Cardiovascular diseases


High blood pressure – hypertension

Increased blood pressure, hypertension, affects one third of the population worldwide. The European definition of hypertension is systolic blood pressure above 140 mmHg or diastolic blood pressure above 90 mmHg. An increase in systolic or diastolic blood pressure puts stress on the cardiovascular and renal system which increases the risk of cardiovascular and renal complications such as stroke, coronary heart disease, heart failure, and renal failure. In this project, we use mathematical models to increase the understanding of different aspects of hypertension – from detailed lumped parameter models of blood flow and blood pressure during one heartbeat to more simple models of long-term blood pressure changes over several years. The detailed lumped parameter models of the heart and cardiovascular system can differentiate between the subject-specific beat-to-beat regulation of blood pressure in patients with and without hypertension. More simple long-term models can accurately predict increase in blood pressure due to aging.

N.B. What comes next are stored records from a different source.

-- ===== src/Noise/Handshakes.antt =====
-- ServerHandshake and ClientHandshake (proto-core/crypto/noise.go), and clientHandshake of the Go SDK
-- (sdk/go/crypto.go). The random source of a handshake is drawn from when it is set up.
use fproto.Base.{◌≡◌, refl, true, false, Option, none, some, Bytes, Result, ok, err}
use fproto.Noise.{
  KeyPair, Noise, Session, NoiseError, new_state_failed, write_failed, send_failed, read_failed,
  process_failed, incomplete, or_error,
}
use fproto.Noise.Conversations.{Io, ◌>>=◌, ◌>>◌, read_or, write_or, lift}

-- The session of one end, from the cipher states for the two directions.
abbrev pub initiator_session :
    {Cipher : Type 0} → Option (Cipher × Cipher) → Result NoiseError (Session Cipher)
initiator_session (some (sending, receiving)) = ok (record { send = sending; recv = receiving })
initiator_session none = err incomplete

abbrev pub responder_session :
    {Cipher : Type 0} → Option (Cipher × Cipher) → Result NoiseError (Session Cipher)
responder_session (some (receiving, sending)) = ok (record { send = sending; recv = receiving })
responder_session none = err incomplete

module _ {Handshake Cipher : Type 0} (n : Noise Handshake Cipher) where
  -- hs.WriteMessage and hs.ReadMessage: the answer and the state that is left, or an error.
  abbrev pub written :
      NoiseError → Handshake → Io NoiseError (Bytes × Option (Cipher × Cipher) × Handshake)
  written e hs =
      let (r, left) = n.write_message hs in
      do (m, ciphers) ← lift (or_error e r); lift (ok (m, ciphers, left))

  abbrev pub processed :
      NoiseError → Bytes → Handshake → Io NoiseError (Option (Cipher × Cipher) × Handshake)
  processed e m hs =
      let (r, left) = n.read_message m hs in
      do ciphers ← lift (or_error e r); lift (ok (ciphers, left))

  unfoldable pub server_handshake : KeyPair → Bytes → Io NoiseError (Session Cipher)
  server_handshake key random = do
    hs ← lift (or_error new_state_failed (n.new_state false key random))
    msg1 ← read_or read_failed
    (_, hs1) ← processed process_failed msg1 hs
    (msg2, _, hs2) ← written write_failed hs1
    write_or send_failed msg2
    msg3 ← read_or read_failed
    (ciphers, _) ← processed process_failed msg3 hs2
    lift (responder_session ciphers)

  unfoldable pub client_handshake : KeyPair → Bytes → Io NoiseError (Session Cipher)
  client_handshake key random = do
    hs ← lift (or_error new_state_failed (n.new_state true key random))
    (msg1, _, hs1) ← written write_failed hs
    write_or send_failed msg1
    msg2 ← read_or read_failed
    (_, hs2) ← processed process_failed msg2 hs1
    (msg3, ciphers, _) ← written write_failed hs2
    write_or send_failed msg3
    lift (initiator_session ciphers)

  -- clientHandshake of the SDK; it returns the error of a call as it is, which is named here by the
  -- call that failed.
  unfoldable pub sdk_client_handshake : KeyPair → Bytes → Io NoiseError (Session Cipher)
  sdk_client_handshake key random = do
    hs ← lift (or_error new_state_failed (n.new_state true key random))
    (msg1, _, hs1) ← written write_failed hs
    write_or send_failed msg1
    msg2 ← read_or read_failed
    (_, hs2) ← processed process_failed msg2 hs1
    (msg3, ciphers, _) ← written write_failed hs2
    write_or send_failed msg3
    lift (initiator_session ciphers)

  -- The client of the SDK does what the client of proto-core does.
  pub sdk_client_handshake-client_handshake :
      (key : KeyPair) (random : Bytes)
      → sdk_client_handshake key random ≡ client_handshake key random
  unfolding sdk_client_handshake client_handshake
  sdk_client_handshake-client_handshake key random = refl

Figure 1. Systolic and diastolic blood pressure changes due to aging (top) and blood pressure lowering drugs (bottom).

Apart from understanding the cardiovascular mechanisms of hypertension, it is important to understand the mechanisms of lowering blood pressure. Lowering the blood pressure in hypertension is crucial to reduce morbidity and mortality. To lower blood pressure, there is a large range of anti-hypertensive drugs along with lifestyle advice for the health professionals to choose from, acting on different parts of the cardiovascular system. Despite this increasing number of treatment options together with increased knowledge of the mechanisms of hypertension, the proportion of controlled hypertension is only around 20% and a trial- and error approach is used when initiating a blood-pressure lowering treatment. To better understand the patient-specific effects of anti-hypertensive drugs, we want to further develop our cardiovascular models to include drug effects. We have developed a few initial models that accurately can describe the blood pressure decrease due to anti-hypertensive drugs both on a simple long-term scale and the more detailed effect son the renin-angiotensin system over a few weeks. The next step is to create detailed models of the patient-specific change in beat-to-beat regulation of blood pressure before and after starting to take anti-hypertensive drugs.


Collaborations

  • Tino Ebbers, professor at Linköping University. Expert in cardiovascular imaging.

  • Carl-Johan Carlhäll, MD and professor at Linköping University. Expert in cardiovascular physiology and imaging.

  • The CMR group at Linköping University.

  • Karin Rådholm, MD, senior associate professor and docent at Linköping University. Expert in cardiovascular and metabolic disease.

  • Magnus Wijkman, MD, adjunct senior lecturer and docent at Linköping University. Expert in cardiovascular disease.


Publications


Stroke

cardiovasculardisease_stroke.jpg

Stroke and other major cardiovascular diseases (MACE) are one of the most common causes of death in our society. The underlying aetiology leading to such events is complex and develops over several years, often without symptoms. To be able to predict the events is therefore as desirable as it is difficult. The disease mechanisms act on different levels, comprising many both physiological and environmental factors, and involving multiple organs, timescales, and control mechanisms. Therefore, we want to develop a multiscale and multilevel approach is needed to fully understand and predict disease progression.